In the community sector, the award of Community Aged Care Packages to aged care facility providers appears to be contributing to nurses' workloads. The QNU has had many calls from members who now find they have to provide care in the community in addition to their current residential care - without a corresponding increase in staffing.

The QNU has requested that the government monitor these trends (that is, the increase in hospital admissions from aged care facilities and the usage of residential nursing staff to fulfil community obligations) in order to prevent the exploitation of both residents and nurses.

The QNU is concerned that in some circumstances access to registered nursing staff in facilities with averages of one Registered Nurse for between 30 to 60 residents (with some as high as 150 residents) is less than 1.8 hours a day.
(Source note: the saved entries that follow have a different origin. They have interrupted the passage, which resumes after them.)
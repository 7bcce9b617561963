-- ===== src/Batch/Hedges.antt =====
-- The sums of the obligations of a batch, and what a valid machine is.
use poly_zq_trading.Prelude.{
  ℕ, ◌+◌, ◌*◌, ◌≤◌, ◌≡◌, refl, List, [], ◌∷◌, true, false, ◌&&◌, All, contains, contains_apart,
  sum_of, ◌==◌, if◌then◌else◌, arith, Bool-cases, inl, inr,
}
use poly_zq_trading.Analytics.Units.{one_share}
use poly_zq_trading.Analytics.Sizing.{round_shares_up}
use poly_zq_trading.Batch.Types.{TokenCode, inc25, inc50plus, HedgeObligation, Machine, same_token}
use poly_zq_trading.Batch.Machine.{ratio_of, put_obligation, new_obligation, add_obligations}

-- The shares due on one leg.
abbrev pub due_on : TokenCode → HedgeObligation → ℕ
due_on token o = if same_token token o.token_code then o.due_shares else 0

abbrev pub due_total : TokenCode → List HedgeObligation → ℕ
due_total token = sum_of (due_on token)

-- No obligation of the list has the key of `o`.
abbrev Absent : HedgeObligation → List HedgeObligation → Type 0
Absent o = All (λ p. ((o.exec_id == p.exec_id) && same_token o.token_code p.token_code) ≡ false)

due_total-put :
    (token : TokenCode) (o : HedgeObligation) (ps : List HedgeObligation)
    → Absent o ps
    → due_total token (put_obligation o ps) ≡ due_total token ps + due_on token o
unfolding put_obligation
due_total-put token o [] h = omega arith
due_total-put token o (p ∷ ps) h = rw h.0 (omega (arith, due_total-put token o ps h.1))

put-All :
    (P : HedgeObligation → Type 0) (o : HedgeObligation) (ps : List HedgeObligation)
    → P o
    → All P ps
    → All P (put_obligation o ps)
unfolding put_obligation
put-All P o [] p h = (p, tt)
put-All P o (q ∷ ps) p h =
    elim (Bool-cases ((o.exec_id == q.exec_id) && same_token o.token_code q.token_code)) [
      | inl e ↦ rw e (p, h.1)
      | inr e ↦ rw e (h.0, put-All P o ps p h.1)
    ]

-- What holds of a machine between two calls: the fills fit the order, every obligation comes from
-- an execution that was seen, and each leg is due the hedge of all that is filled.
pub record IsValid (m : Machine) : Type 0 where
  pub within : m.filled_quantity ≤ m.original_quantity * one_share
  pub due :
      (token : TokenCode)
      → due_total token m.obligations ≡ round_shares_up (ratio_of token m * m.filled_quantity)
  pub known : All (λ o. contains o.exec_id m.seen_exec_ids ≡ true) m.obligations

Absent-of_unseen :
    (o : HedgeObligation) (seen : List ℕ) (ps : List HedgeObligation)
    → contains o.exec_id seen ≡ false
    → All (λ p. contains p.exec_id seen ≡ true) ps
    → Absent o ps
Absent-of_unseen o seen [] new known = tt
Absent-of_unseen o seen (p ∷ ps) new known = (
  rw (contains_apart o.exec_id p.exec_id seen new known.0),
  Absent-of_unseen o seen ps new known.1,
)

pub known_weaken :
    (x : ℕ) (seen : List ℕ) (ps : List HedgeObligation)
    → All (λ p. contains p.exec_id seen ≡ true) ps
    → All (λ p. contains p.exec_id (x ∷ seen) ≡ true) ps
known_weaken x seen [] h = tt
known_weaken x seen (p ∷ ps) h = (ground (arith, h.0), known_weaken x seen ps h.1)

module _ (exec_id delta : ℕ) (m : Machine) (seen : List ℕ) where
  abbrev pub leg : TokenCode → HedgeObligation
  leg token = new_obligation exec_id delta token m

  module _ (new : contains exec_id seen ≡ false)
      (known : All (λ p. contains p.exec_id seen ≡ true) m.obligations) where
    leg-Absent : (token : TokenCode) → Absent (leg token) m.obligations
    unfolding new_obligation
    leg-Absent token = Absent-of_unseen (leg token) seen m.obligations new known

    second-Absent : Absent (leg inc50plus) (put_obligation (leg inc25) m.obligations)
    unfolding new_obligation
    second-Absent = put-All _ (leg inc25) m.obligations (ground arith) (leg-Absent inc50plus)

    -- Both legs of a new execution are appended.
    pub add_obligations_due :
        (token : TokenCode)
        → due_total token (add_obligations exec_id delta m).1.obligations
          ≡ due_total token m.obligations + due_on token (leg inc25) + due_on token (leg inc50plus)
    unfolding add_obligations
    add_obligations_due token =
        rw (due_total-put token (leg inc50plus) _ second-Absent)
          (rw (due_total-put token (leg inc25) m.obligations (leg-Absent inc25)) refl)

  pub add_obligations-known :
      All (λ p. contains p.exec_id (exec_id ∷ seen) ≡ true) m.obligations
      → All
          (λ p. contains p.exec_id (exec_id ∷ seen) ≡ true)
          (add_obligations exec_id delta m).1.obligations
  unfolding add_obligations new_obligation
  add_obligations-known known =
      put-All _ (leg inc50plus) _ (ground arith)
        (put-All _ (leg inc25) m.obligations (ground arith) known)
In many instances, this is less nursing care than provided through a daily visit from a domiciliary nurse Sufficient funding must be available in Queensland to provide appropriate numbers of nurses with appropriate skills levels to provide nursing home residents with the health care they require. This funding must be the subject of accountability mechanisms - that is, providers should be required to prove this money has been spent on employing nurses. QNU monitoring in aged care has shown that cuts in nursing hours are the single most significant result of the removal of accountability for care funds.